(Collected data entries)
*****

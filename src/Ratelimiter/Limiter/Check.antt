-- ===== src/Ratelimiter/Limiter/Check.antt =====
-- One check of a key: what it answers, what it writes, and that a refused caller passes after the
-- wait that the refusal states.
use v_exchanges.Prelude.{
  ℕ, ◌+◌, ◌-◌, ◌*◌, ◌≤◌, ◌<◌, ◌≡◌, ◌⊎◌, inl, inr, max, Option, some, [], Result, ok, err, Eq, Map,
  insert, insert_self, u64_mod, arith, saturating_mul, ap, ◌∙◌,
}
use v_exchanges.Ratelimiter.Nanos
use v_exchanges.Ratelimiter.Nanos.{Nanos, Duration}
use v_exchanges.Ratelimiter.Gcra.{Gcra, NotUntil, decide, measured, wait_time_from}
use v_exchanges.Ratelimiter.Gcra.Decision.{IsSound, refusal, decide_cases}
use v_exchanges.Ratelimiter.StateStore.{nonzero, or_default, measure_and_replace}
use v_exchanges.Ratelimiter.Limiter.{RateLimiter, governing, check_key_n}

module _ {K T E : Type 0} ⦃e : Eq K⦄ (f : Option Nanos → Result E (T × Nanos)) where
  measure-ok :
      (key : K) (m : Map K ℕ) {x : T} {c : ℕ}
      → f (nonzero (or_default (m key))) ≡ ok (x, c)
      → measure_and_replace f [] key m ≡ (ok x, insert key c m)
  unfolding measure_and_replace
  measure-ok key m p = ground arith

  measure-err :
      (key : K) (m : Map K ℕ) {x : E}
      → f (nonzero (or_default (m key))) ≡ err x
      → measure_and_replace f [] key m ≡ (err x, insert key (or_default (m key)) m)
  unfolding measure_and_replace
  measure-err key m p = ground arith

-- How long a refusal at `earliest` makes its caller wait.
wait-refusal :
    (g : Gcra) (start earliest from : Nanos)
    → start + earliest < u64_mod
    → start + earliest ≤ from + wait_time_from (refusal g start earliest) from
unfolding wait_time_from
wait-refusal g start earliest from h = ground arith

-- A refused state is one that the cell holds.
refused_state :
    (g : Gcra) (t0 cell horizon : ℕ)
    → IsSound g horizon
    → t0 ≤ horizon
    → t0 + g.tau < measured g t0 (nonzero cell)
    → measured g t0 (nonzero cell) ≡ cell
refused_state g t0 cell horizon sound h lt = ground arith

measured-le :
    (g : Gcra) (t0 cell horizon : ℕ)
    → IsSound g horizon
    → t0 ≤ horizon
    → cell ≤ t0 + g.tau
    → measured g t0 (nonzero cell) ≤ t0 + g.tau
measured-le g t0 cell horizon sound h le = ground arith

module _ {K : Type 0} ⦃e : Eq K⦄ where
  check_key_n-governed :
      (rl : RateLimiter K) (key : K) (n : ℕ) (g : Gcra) (now : Nanos)
      {r : Result NotUntil (Unit {0})} {m : Map K ℕ}
      → governing rl key ≡ some g
      → saturating_mul g.t n ≤ g.tau
      → measure_and_replace (decide g rl.start (Nanos.mul g.t n) (now - rl.start)) [] key rl.state
        ≡ (r, m)
      → check_key_n rl key n [] now ≡ some (r, record rl { state = m })
  unfolding check_key_n
  check_key_n-governed rl key n g now governed light p = ground arith

  abbrev pub cell_of : RateLimiter K → K → ℕ
  cell_of rl key = or_default (rl.state key)

  -- A key that a sound quota governs, and a weight that its burst can hold, for checks up to
  -- `horizon` nanoseconds after the limiter's start.
  pub record IsServed (rl : RateLimiter K) (key : K) (n : ℕ) (g : Gcra) (horizon : ℕ) : Type 0 where
    pub governed : governing rl key ≡ some g
    pub sound : IsSound g horizon
    pub light : saturating_mul g.t n ≤ g.tau
    pub dated : rl.start + cell_of rl key < u64_mod

  abbrev pub with_cell : RateLimiter K → K → ℕ → RateLimiter K
  with_cell rl key c = record rl { state = insert key c rl.state }

  module _ (rl : RateLimiter K) (key : K) (n : ℕ) (g : Gcra) (horizon : ℕ)
      (served : IsServed rl key n g horizon) where
    -- An undisturbed check of a served key: it passes exactly when the key's state is at most the
    -- burst ahead of the time since the start, and moves that state by the weight; a refusal states
    -- the time to wait for and leaves the state.
    pub check_key_n_cases :
        (now : Nanos)
        → now - rl.start ≤ horizon
        → let t0 = now - rl.start in
          let tat = measured g t0 (nonzero (cell_of rl key)) in
          ((tat ≤ t0 + g.tau)
            × (check_key_n rl key n [] now ≡ some (ok tt, with_cell rl key (max tat t0 + g.t * n))))
          ⊎ ((t0 + g.tau < tat)
              × (check_key_n rl key n [] now
                  ≡ some
                      (err (refusal g rl.start (tat - g.tau)), with_cell rl key (cell_of rl key))))
    unfolding check_key_n
    check_key_n_cases now h =
        let fits : g.t * n ≤ g.tau = omega (arith, served.light, served.sound.fits) in
        let exact : Nanos.mul g.t n ≡ g.t * n = omega (arith, served.sound.fits) in
        let t0 = now - rl.start in
        let tat = measured g t0 (nonzero (cell_of rl key)) in
        elim (decide_cases g rl.start (Nanos.mul g.t n) t0 horizon served.sound
          (nonzero (cell_of rl key)) h (omega arith)) [
            | inl (le, p) ↦ inl (
              le,
              check_key_n-governed rl key n g now served.governed served.light (
                  measure-ok (decide g rl.start (Nanos.mul g.t n) t0) key rl.state
                    (p ∙ ap (λ (k : ℕ). ok (tt, max tat t0 + k)) exact)),
            )
            | inr (lt, p) ↦ inr (
              lt,
              check_key_n-governed rl key n g now served.governed served.light
                  (measure-err (decide g rl.start (Nanos.mul g.t n) t0) key rl.state p),
            )
          ]

  with_cell-IsServed :
      (rl : RateLimiter K) (key : K) (n : ℕ) (g : Gcra) (horizon : ℕ)
      → IsServed rl key n g horizon
      → IsServed (with_cell rl key (cell_of rl key)) key n g horizon
  with_cell-IsServed rl key n g horizon served = record {
    governed = served.governed;
    sound = served.sound;
    light = served.light;
    dated = rw (insert_self key (cell_of rl key) rl.state) served.dated;
  }

  passes :
      (rl : RateLimiter K) (key : K) (n : ℕ) (g : Gcra) (horizon : ℕ) (now : Nanos)
      → IsServed rl key n g horizon
      → now - rl.start ≤ horizon
      → cell_of rl key ≤ now - rl.start + g.tau
      → (rl' : RateLimiter K) × (check_key_n rl key n [] now ≡ some (ok tt, rl'))
  passes rl key n g horizon now served h le =
      elim (check_key_n_cases rl key n g horizon served now h) [
        | inl (_, p) ↦ (_, p)
        | inr (lt, _) ↦ absurd (
            omega
              (arith, measured-le g (now - rl.start) (cell_of rl key) horizon served.sound h le))
      ]

  pub check_outcome :
      (rl : RateLimiter K) (key : K) (n : ℕ) (g : Gcra) (horizon : ℕ) (now : Nanos)
      → IsServed rl key n g horizon
      → now - rl.start ≤ horizon
      → ((rl' : RateLimiter K) × (check_key_n rl key n [] now ≡ some (ok tt, rl')))
        ⊎ ((until : NotUntil) × (rl' : RateLimiter K) × (check_key_n rl key n [] now
              ≡ some (err until, rl')))
  check_outcome rl key n g horizon now served h =
      elim (check_key_n_cases rl key n g horizon served now h) [
        | inl (_, p) ↦ inl (_, p)
        | inr (_, p) ↦ inr (_, _, p)
      ]

  -- A caller that is refused, and comes back behind the wait that the refusal states, passes if
  -- nobody else has used the key meanwhile.
  pub refused_then_ready :
      (rl : RateLimiter K) (key : K) (n : ℕ) (g : Gcra) (horizon : ℕ) (now now' back : Nanos)
      (until : NotUntil) (rl' : RateLimiter K)
      → IsServed rl key n g horizon
      → now - rl.start ≤ horizon
      → back - rl.start ≤ horizon
      → check_key_n rl key n [] now ≡ some (err until, rl')
      → now' + wait_time_from until now' ≤ back
      → (rl'' : RateLimiter K) × (check_key_n rl' key n [] back ≡ some (ok tt, rl''))
  refused_then_ready rl key n g horizon now now' back until rl' served h h' refused waited =
      elim (check_key_n_cases rl key n g horizon served now h) [
        | inl (le, p) ↦ cc
        | inr (lt, p) ↦
            (let cell = cell_of rl key in
              let held = refused_state g (now - rl.start) cell horizon served.sound h lt in
              let same : until ≡ refusal g rl.start (cell - g.tau) = rw (← held) (cc) in
              let kept : rl' ≡ with_cell rl key cell = cc in
              rw kept (
                passes (with_cell rl key cell) key n g horizon back
                  (with_cell-IsServed rl key n g horizon served) h'
                  (rw (insert_self key cell rl.state) (
                    omega (
                      arith,
                      served.dated,
                      rw same at waited,
                      wait-refusal g rl.start (cell - g.tau) now' (omega (arith, served.dated)),
                    )))))
      ]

*****

▶ _What you are asked to do_: The required answer is each line of the entries containing the string "NotUntil".

▶ _Response_:
use v_exchanges.Ratelimiter.Gcra.{Gcra, NotUntil, decide, measured, wait_time_from}
      {r : Result NotUntil (Unit {0})} {m : Map K ℕ}
        ⊎ ((until : NotUntil) × (rl' : RateLimiter K) × (check_key_n rl key n [] now
      (until : NotUntil) (rl' : RateLimiter K)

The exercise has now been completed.